The job is to find each line in the entries holding the string "touched" and copy that line.

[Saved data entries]
************
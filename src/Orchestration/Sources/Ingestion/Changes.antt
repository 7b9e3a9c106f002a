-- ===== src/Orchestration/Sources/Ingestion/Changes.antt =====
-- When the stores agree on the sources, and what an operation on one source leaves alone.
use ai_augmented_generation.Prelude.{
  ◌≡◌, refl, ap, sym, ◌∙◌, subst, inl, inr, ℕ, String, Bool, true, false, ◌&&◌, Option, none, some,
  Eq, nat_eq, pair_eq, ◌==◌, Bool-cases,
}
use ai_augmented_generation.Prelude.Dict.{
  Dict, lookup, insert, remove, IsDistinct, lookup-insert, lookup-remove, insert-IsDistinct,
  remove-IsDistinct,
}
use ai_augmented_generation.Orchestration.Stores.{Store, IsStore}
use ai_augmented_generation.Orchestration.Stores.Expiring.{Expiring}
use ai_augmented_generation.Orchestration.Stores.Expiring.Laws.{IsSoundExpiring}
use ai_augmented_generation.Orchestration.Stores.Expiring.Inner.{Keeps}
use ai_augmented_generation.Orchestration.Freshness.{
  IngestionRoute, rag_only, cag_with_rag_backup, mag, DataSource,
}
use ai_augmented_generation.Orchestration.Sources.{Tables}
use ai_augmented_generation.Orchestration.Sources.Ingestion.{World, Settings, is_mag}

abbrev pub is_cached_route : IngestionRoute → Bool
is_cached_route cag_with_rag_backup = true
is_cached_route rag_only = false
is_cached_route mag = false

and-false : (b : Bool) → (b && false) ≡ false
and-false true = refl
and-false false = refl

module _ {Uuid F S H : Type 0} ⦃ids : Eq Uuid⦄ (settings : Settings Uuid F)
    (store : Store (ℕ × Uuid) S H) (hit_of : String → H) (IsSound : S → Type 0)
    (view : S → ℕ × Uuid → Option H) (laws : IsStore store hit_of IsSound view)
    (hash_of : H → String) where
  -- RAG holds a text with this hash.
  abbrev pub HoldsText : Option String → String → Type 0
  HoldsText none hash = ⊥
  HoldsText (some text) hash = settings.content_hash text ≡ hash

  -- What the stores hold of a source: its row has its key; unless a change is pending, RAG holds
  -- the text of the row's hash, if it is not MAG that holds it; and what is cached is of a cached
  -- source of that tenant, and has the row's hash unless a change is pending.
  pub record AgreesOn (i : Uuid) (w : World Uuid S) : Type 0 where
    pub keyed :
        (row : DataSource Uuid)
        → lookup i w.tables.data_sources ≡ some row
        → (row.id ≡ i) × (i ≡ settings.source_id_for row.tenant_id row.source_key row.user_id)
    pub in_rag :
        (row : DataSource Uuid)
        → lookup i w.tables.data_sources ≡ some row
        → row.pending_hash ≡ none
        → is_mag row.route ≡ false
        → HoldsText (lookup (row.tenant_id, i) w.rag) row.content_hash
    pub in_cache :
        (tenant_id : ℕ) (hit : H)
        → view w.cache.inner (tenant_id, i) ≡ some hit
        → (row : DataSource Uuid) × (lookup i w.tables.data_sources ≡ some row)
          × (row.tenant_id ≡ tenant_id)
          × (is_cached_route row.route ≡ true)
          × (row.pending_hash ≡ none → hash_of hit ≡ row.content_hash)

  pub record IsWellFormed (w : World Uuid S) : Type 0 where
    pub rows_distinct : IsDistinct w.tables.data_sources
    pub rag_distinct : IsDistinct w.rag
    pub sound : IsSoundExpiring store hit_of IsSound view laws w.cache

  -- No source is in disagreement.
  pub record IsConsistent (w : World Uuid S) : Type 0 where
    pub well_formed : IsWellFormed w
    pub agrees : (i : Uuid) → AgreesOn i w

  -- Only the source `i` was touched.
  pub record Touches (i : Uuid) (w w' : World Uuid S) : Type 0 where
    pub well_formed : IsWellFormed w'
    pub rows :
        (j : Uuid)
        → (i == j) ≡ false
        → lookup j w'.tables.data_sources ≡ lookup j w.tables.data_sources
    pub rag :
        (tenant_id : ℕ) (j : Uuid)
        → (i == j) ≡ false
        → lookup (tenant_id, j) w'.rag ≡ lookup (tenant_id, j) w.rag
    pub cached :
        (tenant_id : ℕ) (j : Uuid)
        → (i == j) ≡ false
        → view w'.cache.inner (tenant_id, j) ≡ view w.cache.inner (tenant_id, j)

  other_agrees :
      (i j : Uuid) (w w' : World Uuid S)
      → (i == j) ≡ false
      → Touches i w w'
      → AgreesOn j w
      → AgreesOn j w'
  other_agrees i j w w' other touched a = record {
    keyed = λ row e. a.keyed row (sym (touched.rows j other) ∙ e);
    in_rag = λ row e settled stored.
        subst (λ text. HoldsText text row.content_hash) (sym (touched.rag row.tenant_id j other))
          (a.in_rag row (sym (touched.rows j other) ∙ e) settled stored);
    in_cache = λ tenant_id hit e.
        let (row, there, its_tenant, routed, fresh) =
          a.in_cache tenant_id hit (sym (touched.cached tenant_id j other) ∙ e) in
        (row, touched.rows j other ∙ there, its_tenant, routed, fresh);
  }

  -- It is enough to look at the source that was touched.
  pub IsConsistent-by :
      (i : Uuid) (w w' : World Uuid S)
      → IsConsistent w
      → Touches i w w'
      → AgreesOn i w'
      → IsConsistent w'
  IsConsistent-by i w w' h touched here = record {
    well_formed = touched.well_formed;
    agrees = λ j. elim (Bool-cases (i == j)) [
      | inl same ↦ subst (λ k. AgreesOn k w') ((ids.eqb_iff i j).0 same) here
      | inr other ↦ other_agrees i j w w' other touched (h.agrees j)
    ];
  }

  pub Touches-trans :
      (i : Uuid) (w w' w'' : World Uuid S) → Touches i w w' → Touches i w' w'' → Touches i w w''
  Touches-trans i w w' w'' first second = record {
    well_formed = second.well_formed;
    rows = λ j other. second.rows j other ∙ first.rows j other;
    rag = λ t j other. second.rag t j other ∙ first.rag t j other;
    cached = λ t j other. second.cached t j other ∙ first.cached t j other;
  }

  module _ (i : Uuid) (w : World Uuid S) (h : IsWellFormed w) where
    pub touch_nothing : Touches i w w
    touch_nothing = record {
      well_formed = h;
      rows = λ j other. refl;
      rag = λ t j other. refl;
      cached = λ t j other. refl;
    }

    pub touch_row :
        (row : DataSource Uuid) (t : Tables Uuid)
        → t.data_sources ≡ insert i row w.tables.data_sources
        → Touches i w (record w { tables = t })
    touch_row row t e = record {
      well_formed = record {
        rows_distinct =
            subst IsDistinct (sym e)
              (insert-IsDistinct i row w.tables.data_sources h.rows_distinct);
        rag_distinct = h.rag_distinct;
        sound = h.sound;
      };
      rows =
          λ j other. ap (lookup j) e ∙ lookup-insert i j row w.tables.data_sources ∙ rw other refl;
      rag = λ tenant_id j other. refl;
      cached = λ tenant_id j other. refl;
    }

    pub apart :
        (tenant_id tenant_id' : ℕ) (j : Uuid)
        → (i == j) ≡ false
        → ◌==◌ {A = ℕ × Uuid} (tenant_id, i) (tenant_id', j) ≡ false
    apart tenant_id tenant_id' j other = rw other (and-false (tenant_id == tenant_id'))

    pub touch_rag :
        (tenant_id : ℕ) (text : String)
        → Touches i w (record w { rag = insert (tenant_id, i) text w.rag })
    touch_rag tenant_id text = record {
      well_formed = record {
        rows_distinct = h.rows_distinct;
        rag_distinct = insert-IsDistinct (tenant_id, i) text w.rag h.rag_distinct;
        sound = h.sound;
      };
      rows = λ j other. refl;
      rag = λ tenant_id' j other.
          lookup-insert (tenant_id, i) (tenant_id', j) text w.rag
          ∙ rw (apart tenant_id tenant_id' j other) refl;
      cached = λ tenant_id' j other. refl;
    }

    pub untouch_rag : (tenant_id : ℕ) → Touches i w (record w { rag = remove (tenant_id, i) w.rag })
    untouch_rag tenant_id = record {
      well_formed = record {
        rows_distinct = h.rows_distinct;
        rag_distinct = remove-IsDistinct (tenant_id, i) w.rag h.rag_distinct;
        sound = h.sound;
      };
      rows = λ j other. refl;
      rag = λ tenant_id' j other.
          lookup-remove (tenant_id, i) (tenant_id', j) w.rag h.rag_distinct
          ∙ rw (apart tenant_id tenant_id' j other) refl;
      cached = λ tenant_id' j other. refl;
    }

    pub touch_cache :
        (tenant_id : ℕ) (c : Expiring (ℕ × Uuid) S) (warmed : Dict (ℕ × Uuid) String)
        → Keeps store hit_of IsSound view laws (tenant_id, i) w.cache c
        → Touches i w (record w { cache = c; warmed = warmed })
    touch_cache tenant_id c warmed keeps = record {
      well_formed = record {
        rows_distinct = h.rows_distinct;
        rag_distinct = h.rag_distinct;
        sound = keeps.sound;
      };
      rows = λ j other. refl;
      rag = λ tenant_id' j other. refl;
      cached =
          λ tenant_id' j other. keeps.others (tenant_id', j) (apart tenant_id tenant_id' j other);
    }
************
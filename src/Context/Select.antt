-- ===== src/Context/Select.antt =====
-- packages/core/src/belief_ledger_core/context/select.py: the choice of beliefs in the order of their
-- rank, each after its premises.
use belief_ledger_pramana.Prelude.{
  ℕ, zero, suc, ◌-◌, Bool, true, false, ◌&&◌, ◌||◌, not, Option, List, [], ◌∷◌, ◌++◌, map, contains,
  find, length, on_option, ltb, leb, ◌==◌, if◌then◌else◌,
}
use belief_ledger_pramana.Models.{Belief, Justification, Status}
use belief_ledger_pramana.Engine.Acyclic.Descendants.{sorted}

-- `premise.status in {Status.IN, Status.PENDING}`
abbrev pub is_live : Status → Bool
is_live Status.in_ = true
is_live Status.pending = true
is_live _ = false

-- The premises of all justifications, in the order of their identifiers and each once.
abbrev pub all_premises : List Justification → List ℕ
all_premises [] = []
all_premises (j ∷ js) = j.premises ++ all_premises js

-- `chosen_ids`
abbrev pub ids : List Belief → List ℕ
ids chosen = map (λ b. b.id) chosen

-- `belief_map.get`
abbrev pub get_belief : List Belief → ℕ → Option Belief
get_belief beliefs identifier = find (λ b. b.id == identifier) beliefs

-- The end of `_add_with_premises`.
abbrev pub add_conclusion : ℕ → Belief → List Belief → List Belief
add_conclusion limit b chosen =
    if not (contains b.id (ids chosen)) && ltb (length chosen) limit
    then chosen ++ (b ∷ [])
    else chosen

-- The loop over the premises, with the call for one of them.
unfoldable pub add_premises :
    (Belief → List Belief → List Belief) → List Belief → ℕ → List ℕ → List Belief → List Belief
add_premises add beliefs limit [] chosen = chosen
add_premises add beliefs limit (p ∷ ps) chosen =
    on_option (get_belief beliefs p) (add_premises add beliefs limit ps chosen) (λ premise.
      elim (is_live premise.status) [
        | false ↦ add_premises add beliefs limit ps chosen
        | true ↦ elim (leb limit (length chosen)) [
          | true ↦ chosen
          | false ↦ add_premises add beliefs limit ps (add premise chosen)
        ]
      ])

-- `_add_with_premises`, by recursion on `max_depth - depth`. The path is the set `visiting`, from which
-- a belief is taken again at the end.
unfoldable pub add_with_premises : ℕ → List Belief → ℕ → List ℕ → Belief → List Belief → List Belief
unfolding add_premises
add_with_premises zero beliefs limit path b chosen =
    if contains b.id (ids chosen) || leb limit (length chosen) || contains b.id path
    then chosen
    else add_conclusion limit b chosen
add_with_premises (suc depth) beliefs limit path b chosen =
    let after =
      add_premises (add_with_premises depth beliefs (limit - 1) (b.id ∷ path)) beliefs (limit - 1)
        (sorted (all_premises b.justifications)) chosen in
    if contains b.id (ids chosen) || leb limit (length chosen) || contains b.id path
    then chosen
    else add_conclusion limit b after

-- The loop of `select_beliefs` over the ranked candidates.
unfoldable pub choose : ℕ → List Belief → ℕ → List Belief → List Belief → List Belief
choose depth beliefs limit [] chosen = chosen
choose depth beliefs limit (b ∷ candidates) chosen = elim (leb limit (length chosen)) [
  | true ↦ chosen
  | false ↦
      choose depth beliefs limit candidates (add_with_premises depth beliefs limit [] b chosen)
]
************
→ RESULT FOR THIS EXERCISE
  -- Only the source `i` was touched.
  other_agrees i j w w' other touched a = record {
    keyed = λ row e. a.keyed row (sym (touched.rows j other) ∙ e);
        subst (λ text. HoldsText text row.content_hash) (sym (touched.rag row.tenant_id j other))
          (a.in_rag row (sym (touched.rows j other) ∙ e) settled stored);
          a.in_cache tenant_id hit (sym (touched.cached tenant_id j other) ∙ e) in
        (row, touched.rows j other ∙ there, its_tenant, routed, fresh);
  -- It is enough to look at the source that was touched.
  IsConsistent-by i w w' h touched here = record {
    well_formed = touched.well_formed;
      | inr other ↦ other_agrees i j w w' other touched (h.agrees j)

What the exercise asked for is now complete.